И всё это сразу облегчило душу Ираклию, сделало ясной голову и сладким сон. Теперь он не представлял себе ни одного вечера, чтобы не черкануть на кого-нибудь какую-либо пакость. Панацея для крепкого сна была найдена. Материала для лекарства было предостаточно, куда ни взгляни, за что ни возьмись – целая аптека. Ничего не надо было высасывать из пальца.
Это были старые обидчики, кто давал ему до зарплаты 2 рубля 87 копеек на бутылку 40-градусного «Боржоми», а потом неустанно в течение года трепали нервы, требуя вернуть должок.
Время проходило, страсти утихали. Назойливое напоминание о деньгах сменялось пожеланием должнику сдохнуть от дизентерии, как засранцу.

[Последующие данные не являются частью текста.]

-- ===== src/Watchdog/Topics.antt =====
-- What a cycle publishes on the status topics of the watchdog. An empty retained payload would
-- delete its topic.
use mathlib.Core.List.{append_assoc, append-nil}
use teslamate_watchdog.Shared.{
  ℕ, String, ◌≡◌, refl, sym, ◌∙◌, ◌≢◌, Bool, true, false, Option, none, some, List, [], ◌∷◌, ◌++◌,
  arith, All, map, str_eq, eq_iff, or_default, if◌then◌else◌, inl, inr, Bool-cases, Option-cases,
  length,
}
use teslamate_watchdog.Shared.Text.{str, str-nonempty, if-nonempty}
use teslamate_watchdog.Python.{Python}
use teslamate_watchdog.Config.{Config}
use teslamate_watchdog.StateMachine.{
  State, starting, healthy, logged_out, logger_unhealthy, teslamate_unreachable, database_unhealthy,
  auth_refresh_failed, recovering, manual_intervention_required, Observation,
}
use teslamate_watchdog.StateMachine.States.{value, is}
use teslamate_watchdog.RestartManager.{Manager, last_restart, last_restart_iso}
use teslamate_watchdog.MqttClient.{Mqtt, publish_state, publish_raw}
use teslamate_watchdog.MqttClient.Retained.{state_message}
use teslamate_watchdog.LogClassifier.{Classifier}
use teslamate_watchdog.Recovery.{
  Status, idle, waiting_after_restart, confirming_recovery, recovered, manual_required,
  status_value,
}
use teslamate_watchdog.Watchdog.{
  Watchdog, Cycle, payload_unset, tristate, session, status_values, publish_all, publish_status,
}

value-nonempty : (s : State) → value s ≢ ""
value-nonempty starting e = cc e
value-nonempty healthy e = cc e
value-nonempty logged_out e = cc e
value-nonempty logger_unhealthy e = cc e
value-nonempty teslamate_unreachable e = cc e
value-nonempty database_unhealthy e = cc e
value-nonempty auth_refresh_failed e = cc e
value-nonempty recovering e = cc e
value-nonempty manual_intervention_required e = cc e

tristate-nonempty : (b : Option Bool) → tristate b ≢ ""
unfolding tristate
tristate-nonempty none e = cc e
tristate-nonempty (some true) e = cc e
tristate-nonempty (some false) e = cc e

status_value-nonempty : (s : Status) → status_value s ≢ ""
status_value-nonempty idle e = cc e
status_value-nonempty waiting_after_restart e = cc e
status_value-nonempty confirming_recovery e = cc e
status_value-nonempty recovered e = cc e
status_value-nonempty manual_required e = cc e

status_code-nonempty :
    (code : Option ℕ) → elim code as (λ x. String) [ none ↦ "unknown" | some n ↦ str n ] ≢ ""
status_code-nonempty none e = cc e
status_code-nonempty (some n) e = str-nonempty n e

last_failure-nonempty : (s : String) → (if str_eq s "" then payload_unset else s) ≢ ""
last_failure-nonempty s e = elim (Bool-cases (str_eq s "")) [
  | inl unset ↦ cc (rw unset at e)
  | inr set ↦ ground (arith, eq_iff s "")
]

last_restart-nonempty :
    (isoformat : ℕ → String) (m : Manager)
    → ((t : ℕ) → isoformat t ≢ "")
    → or_default (last_restart_iso isoformat m) payload_unset ≢ ""
unfolding last_restart_iso
last_restart-nonempty isoformat m iso e = elim (Option-cases (last_restart m)) [
  | inl none_yet ↦ cc (rw (or_default, none_yet) at e)
  | inr (r, made) ↦ iso r.at (rw (or_default, made) at e)
]

module _ (py : Python) (search : String → Bool) (k : Classifier) (c : Config) where
  pub published-publish_all :
      (values : List (String × String)) (m : Mqtt)
      → (publish_all py search k c values m).published ≡ m.published ++ map (state_message c) values
  unfolding publish_all publish_state publish_raw
  published-publish_all [] m = sym (append-nil m.published)
  published-publish_all ((suffix, payload) ∷ rest) m =
      published-publish_all rest (publish_state c suffix payload m)
      ∙ append_assoc m.published (state_message c (suffix, payload) ∷ [])
          (map (state_message c) rest)

  abbrev pub IsSaid : String × String → Type 0
  IsSaid (_, payload) = payload ≢ ""

  status_values-nonempty :
      (env : Cycle) (o : Observation) (d : Watchdog)
      → ((t : ℕ) → py.isoformat t ≢ "")
      → env.check_iso ≢ ""
      → All IsSaid (status_values py search k c env o d)
  unfolding status_values
  status_values-nonempty env o d iso at = (
    value-nonempty d.world.machine.state,
    (
      if-nonempty (is d.world.machine.state healthy) "true" "false" (λ e. cc e) (λ e. cc e),
      (
        status_code-nonempty o.http.status_code,
        (
          tristate-nonempty (session py search k c o.http.category),
          (
            tristate-nonempty o.database_healthy,
            (
              tristate-nonempty o.logger_healthy,
              (
                at,
                (
                  last_failure-nonempty d.last_failure,
                  (
                    last_restart-nonempty py.isoformat d.world.restarts iso,
                    (str-nonempty _, (status_value-nonempty d.world.status, tt)),
                  ),
                ),
              ),
            ),
          ),
        ),
      ),
    ),
  )

  -- If no printed time is empty, the status of a cycle is published as eleven retained messages on
  -- the topics of the watchdog, none with an empty payload, which would delete its topic, and
  -- nothing else is published with it.
  pub publish_status-keeps :
      (env : Cycle) (o : Observation) (d : Watchdog)
      → ((t : ℕ) → py.isoformat t ≢ "")
      → env.check_iso ≢ ""
      → (said : List (String × String)) × ((publish_status py search k c env o d).mqtt.published
          ≡ d.mqtt.published ++ map (state_message c) said)
        × All IsSaid said
        × (length said ≡ 11)
  unfolding publish_status status_values
  publish_status-keeps env o d iso at =
      let said = status_values py search k c env o d in
      (said, published-publish_all said d.mqtt, status_values-nonempty env o d iso at, refl)
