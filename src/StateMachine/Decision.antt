-- ===== src/StateMachine/Decision.antt =====
-- The decision on one observation, against a description of each state by what was observed.
use teslamate_watchdog.Shared.{◌≡◌, ◌≢◌, ◌↔◌, ◌⊎◌, true, false, some, arith}
use teslamate_watchdog.HttpCheck.{HttpCategory}
use teslamate_watchdog.StateMachine.{
  State, starting, healthy, logged_out, logger_unhealthy, teslamate_unreachable, database_unhealthy,
  auth_refresh_failed, recovering, manual_intervention_required, LogSignals, Observation,
  decryption_failed, refresh_failed, evaluate,
}

module _ (o : Observation) where
  -- nothing says that the database or the container is down
  abbrev pub IsUp : Type 0
  IsUp = (o.database_healthy ≢ some false) × (o.teslamate_container_running ≢ some false)

  -- the web interface neither shows the sign-in page nor fails
  abbrev pub Answers : Type 0
  Answers =
      (o.http.category ≡ HttpCategory.authenticated) ⊎ (o.http.category ≡ HttpCategory.unknown)

  abbrev pub LogsShowAuthFailure : Type 0
  LogsShowAuthFailure =
      (decryption_failed o.log_signals ≡ true) ⊎ (refresh_failed o.log_signals ≡ true)

  abbrev pub LoggerIsBad : Type 0
  LoggerIsBad = (o.logger_healthy ≡ some false) ⊎ (o.logger_stale ≡ true)

  -- What an observation must show for each state; three states are never decided on.
  abbrev pub Shows : State → Type 0
  Shows database_unhealthy = o.database_healthy ≡ some false
  Shows teslamate_unreachable =
      (o.database_healthy ≢ some false)
      × ((o.teslamate_container_running ≡ some false)
          ⊎ (o.http.category ≡ HttpCategory.unreachable)
          ⊎ (o.http.category ≡ HttpCategory.application_error))
  Shows logged_out = IsUp × (o.http.category ≡ HttpCategory.logged_out)
  Shows auth_refresh_failed = IsUp × Answers × LogsShowAuthFailure
  Shows logger_unhealthy = IsUp × Answers × ¬ LogsShowAuthFailure × LoggerIsBad
  Shows healthy = IsUp × Answers × ¬ LogsShowAuthFailure × ¬ LoggerIsBad
  Shows starting = ⊥
  Shows recovering = ⊥
  Shows manual_intervention_required = ⊥

  -- An observation meets the description of a state exactly if that state is the one decided on,
  -- for every observation and state.
  pub evaluate-Shows : (s : State) → Shows s ↔ ((evaluate o).state ≡ s)
  unfolding evaluate
  evaluate-Shows s = ground arith

  -- A decision is immediate exactly if the container is stopped and the database not known to be
  -- down; it is inconclusive exactly if all else passes and the HTTP category is unknown.
  pub evaluate_flags :
      (((evaluate o).immediate ≡ true)
        ↔ ((o.database_healthy ≢ some false) × (o.teslamate_container_running ≡ some false)))
      × (((evaluate o).inconclusive ≡ true)
          ↔ (Shows healthy × (o.http.category ≡ HttpCategory.unknown)))
  unfolding evaluate
  evaluate_flags = ground arith

  -- Only an unreachable TeslaMate is decided on without confirmations.
  pub evaluate-immediate :
      (evaluate o).immediate ≡ true → (evaluate o).state ≡ teslamate_unreachable
  unfolding evaluate
  evaluate-immediate h = ground arith

  pub evaluate-ne-recovering : (evaluate o).state ≢ recovering
  evaluate-ne-recovering e = (evaluate-Shows recovering).1 e

-- An observation with other log signals that agree on failures of the session.
abbrev pub with_signals : Observation → LogSignals → Observation
with_signals o s = record o { log_signals = some s }

-- Two sets of log signals that agree on the three failures of the session lead to the same
-- decision.
pub evaluate_ignores_other_signals :
    (o : Observation) (s t : LogSignals)
    → s.auth_refresh_failing ≡ t.auth_refresh_failing
    → s.auth_lost ≡ t.auth_lost
    → s.token_decryption_failure ≡ t.token_decryption_failure
    → evaluate (with_signals o s) ≡ evaluate (with_signals o t)
unfolding evaluate
evaluate_ignores_other_signals o s t p q r = rw (p, q, r)
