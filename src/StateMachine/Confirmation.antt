-- ===== src/StateMachine/Confirmation.antt =====
-- The machine over a history of observations, the latest first, against a description that counts
-- agreeing observations in the history itself.
use teslamate_watchdog.Shared.{
  ℕ, suc, ◌≡◌, refl, ◌≢◌, ◌↔◌, ◌⊎◌, ◌≤◌, true, false, ◌||◌, none, some, List, [], ◌∷◌, ◌++◌, arith,
  leb, le→leb, if◌then◌else◌, All, length,
}
use teslamate_watchdog.Config.{Config}
use teslamate_watchdog.StateMachine.{
  State, healthy, recovering, Observation, Machine, Transition, evaluate, new_machine, is_candidate,
  required, step,
}
use teslamate_watchdog.StateMachine.States.{is, is_iff, is_self}
use teslamate_watchdog.StateMachine.Decision.{evaluate-immediate, evaluate-ne-recovering}

-- How many of the latest conclusive observations agree on `s`, without interruption.
unfoldable pub trailing : State → List Observation → ℕ
trailing s [] = 0
trailing s (o ∷ past) =
    let rest = trailing s past in
    if (evaluate o).inconclusive then rest else if is (evaluate o).state s then suc rest else 0

-- how many agreeing observations bring the machine to a state
unfoldable pub needed : Config → State → ℕ
needed c s = if is s healthy then c.recovery_confirmation_count else required c s

-- The state as a function of the history: the latest conclusive observation decides, if it needs
-- no confirmation or enough of the latest conclusive ones agree with it.
unfoldable pub confirmed : Config → State → List Observation → State
confirmed c initial [] = initial
confirmed c initial (o ∷ past) =
    let before = confirmed c initial past in
    let e = evaluate o in
    if e.inconclusive
    then before
    else if e.immediate || leb (needed c e.state) (trailing e.state (o ∷ past))
    then e.state
    else before

-- `StateMachine(config, initial=…)`, and then a `step` for each observation
unfoldable pub run : Config → State → List Observation → Machine
run c initial [] = new_machine initial
run c initial (o ∷ past) = (step c o (run c initial past)).0

module _ (c : Config) (initial : State) where
  -- what the counters of the machine say of the history
  record Counts (past : List Observation) (m : Machine) : Type 0 where
    held : m.state ≢ recovering
    state : m.state ≡ confirmed c initial past
    healthy_count : m.healthy_streak ≡ trailing healthy past
    count :
        (s : State)
        → s ≢ healthy
        → trailing s past ≡ (if is_candidate s m.candidate then m.candidate_streak else 0)

  new_machine-Counts : initial ≢ recovering → Counts [] (new_machine initial)
  unfolding new_machine trailing confirmed
  new_machine-Counts h = record {
    held = h;
    state = refl;
    healthy_count = refl;
    count = λ s f. refl;
  }

  step-Counts :
      (o : Observation) (past : List Observation) (m : Machine)
      → Counts past m
      → Counts (o ∷ past) (step c o m).0
  unfolding step trailing confirmed needed
  step-Counts o past m h = record {
    held = ground (
      arith,
      h.held,
      is_iff m.state recovering,
      evaluate-ne-recovering o,
      is_iff (evaluate o).state healthy,
    );
    state = ground (
      arith,
      h.held,
      h.state,
      h.healthy_count,
      h.count (evaluate o).state,
      is_iff m.state recovering,
      is_iff m.state healthy,
      is_iff m.state (evaluate o).state,
      is_iff (evaluate o).state healthy,
      is_self (evaluate o).state,
      evaluate-immediate o,
    );
    healthy_count = ground (
      arith,
      h.held,
      h.healthy_count,
      is_iff m.state recovering,
      is_iff (evaluate o).state healthy,
    );
    count = λ s f. ground (
      arith,
      h.held,
      h.count s f,
      is_iff m.state recovering,
      is_iff (evaluate o).state healthy,
      is_iff (evaluate o).state s,
      is_iff s (evaluate o).state,
      is_self s,
    );
  }

  run-Counts : initial ≢ recovering → (past : List Observation) → Counts past (run c initial past)
  unfolding run
  run-Counts h [] = new_machine-Counts h
  run-Counts h (o ∷ past) = step-Counts o past (run c initial past) (run-Counts h past)

  -- After any history the state of a machine that did not begin at RECOVERING is the one that a
  -- description without counters reads off the history.
  pub run-confirmed :
      (past : List Observation)
      → initial ≢ recovering
      → (run c initial past).state ≡ confirmed c initial past
  run-confirmed past h = (run-Counts h past).state

  trailing-of_agreeing :
      (s : State) (latest past : List Observation)
      → All (λ o. ((evaluate o).inconclusive ≡ false) × ((evaluate o).state ≡ s)) latest
      → length latest ≤ trailing s (latest ++ past)
  unfolding trailing
  trailing-of_agreeing s [] past h = omega arith
  trailing-of_agreeing s (o ∷ latest) past h =
      ground (arith, trailing-of_agreeing s latest past h.1, is_iff (evaluate o).state s)

  -- If a machine did not begin at RECOVERING, enough conclusive observations of one state in a row
  -- bring it to that state, whatever came before.
  pub run-reaches :
      (s : State) (o : Observation) (latest past : List Observation)
      → initial ≢ recovering
      → All (λ o. ((evaluate o).inconclusive ≡ false) × ((evaluate o).state ≡ s)) (o ∷ latest)
      → needed c s ≤ length (o ∷ latest)
      → (run c initial (o ∷ latest ++ past)).state ≡ s
  unfolding confirmed
  run-reaches s o latest past h all enough = rw (run-confirmed (o ∷ (latest ++ past)) h) (
      ground
        (arith, all, trailing-of_agreeing s (o ∷ latest) past all, enough, le→leb (needed c s)))

  -- If a machine did not begin at RECOVERING and an observation changes its state, then the
  -- observation is conclusive, the new state is the one decided on, and the decision was immediate
  -- or enough of the latest conclusive observations agree on it.
  pub run_changes :
      (o : Observation) (past : List Observation)
      → initial ≢ recovering
      → (run c initial (o ∷ past)).state ≢ (run c initial past).state
      → ((evaluate o).inconclusive ≡ false)
        × ((run c initial (o ∷ past)).state ≡ (evaluate o).state)
        × (((evaluate o).immediate ≡ true)
            ⊎ (needed c (evaluate o).state ≤ trailing (evaluate o).state (o ∷ past)))
  unfolding confirmed
  run_changes o past h changed = ground (arith, run-confirmed past h, run-confirmed (o ∷ past) h)

-- A step reports no transition exactly if the state stays the same, and a reported one names the
-- state before and the state after.
pub step_reports :
    (c : Config) (o : Observation) (m : Machine)
    → (((step c o m).1 ≡ none) ↔ ((step c o m).0.state ≡ m.state))
      × ((t : Transition)
          → (step c o m).1 ≡ some t
          → (t.previous ≡ m.state) × (t.current ≡ (step c o m).0.state))
unfolding step
step_reports c o m = (
  ground (
    arith,
    is_iff m.state recovering,
    is_iff m.state healthy,
    is_iff m.state (evaluate o).state,
    is_iff (evaluate o).state healthy,
  ),
  λ t e. ground arith,
)

-- Observations never bring a machine to `recovering`.
pub step-ne-recovering :
    (c : Config) (o : Observation) (m : Machine)
    → is m.state recovering ≡ false
    → is (step c o m).0.state recovering ≡ false
unfolding step
step-ne-recovering c o m h = ground (
  arith,
  is_iff healthy recovering,
  is_iff (evaluate o).state recovering,
  evaluate-ne-recovering o,
)

-- An observation of the state that the machine is in already changes no state.
pub step_same :
    (c : Config) (o : Observation) (m : Machine)
    → (evaluate o).state ≡ m.state
    → (step c o m).0.state ≡ m.state
unfolding step
step_same c o m h = ground (
  arith,
  is_iff m.state healthy,
  is_iff (evaluate o).state healthy,
  is_iff m.state (evaluate o).state,
)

Это и дворник, старый, выживший из ума татарин, рано поутру, в рассветной тишине, метущий своей поганой метлой улицу, нарушая этим выстраданный сон Ираклия и собирая возле себя со всего квартала свору безудержно лающих бездомных собак, чтобы подкормить их костями из мусорного бака. Не пробиваемый ни просьбами, ни криком прекратить этот балаган, он доводил Ираклия до исступления, до хрипоты, до спазма в горле, до коликов в сердце, отвечая на всё, как забубённый: «Мать твоя, не понимать».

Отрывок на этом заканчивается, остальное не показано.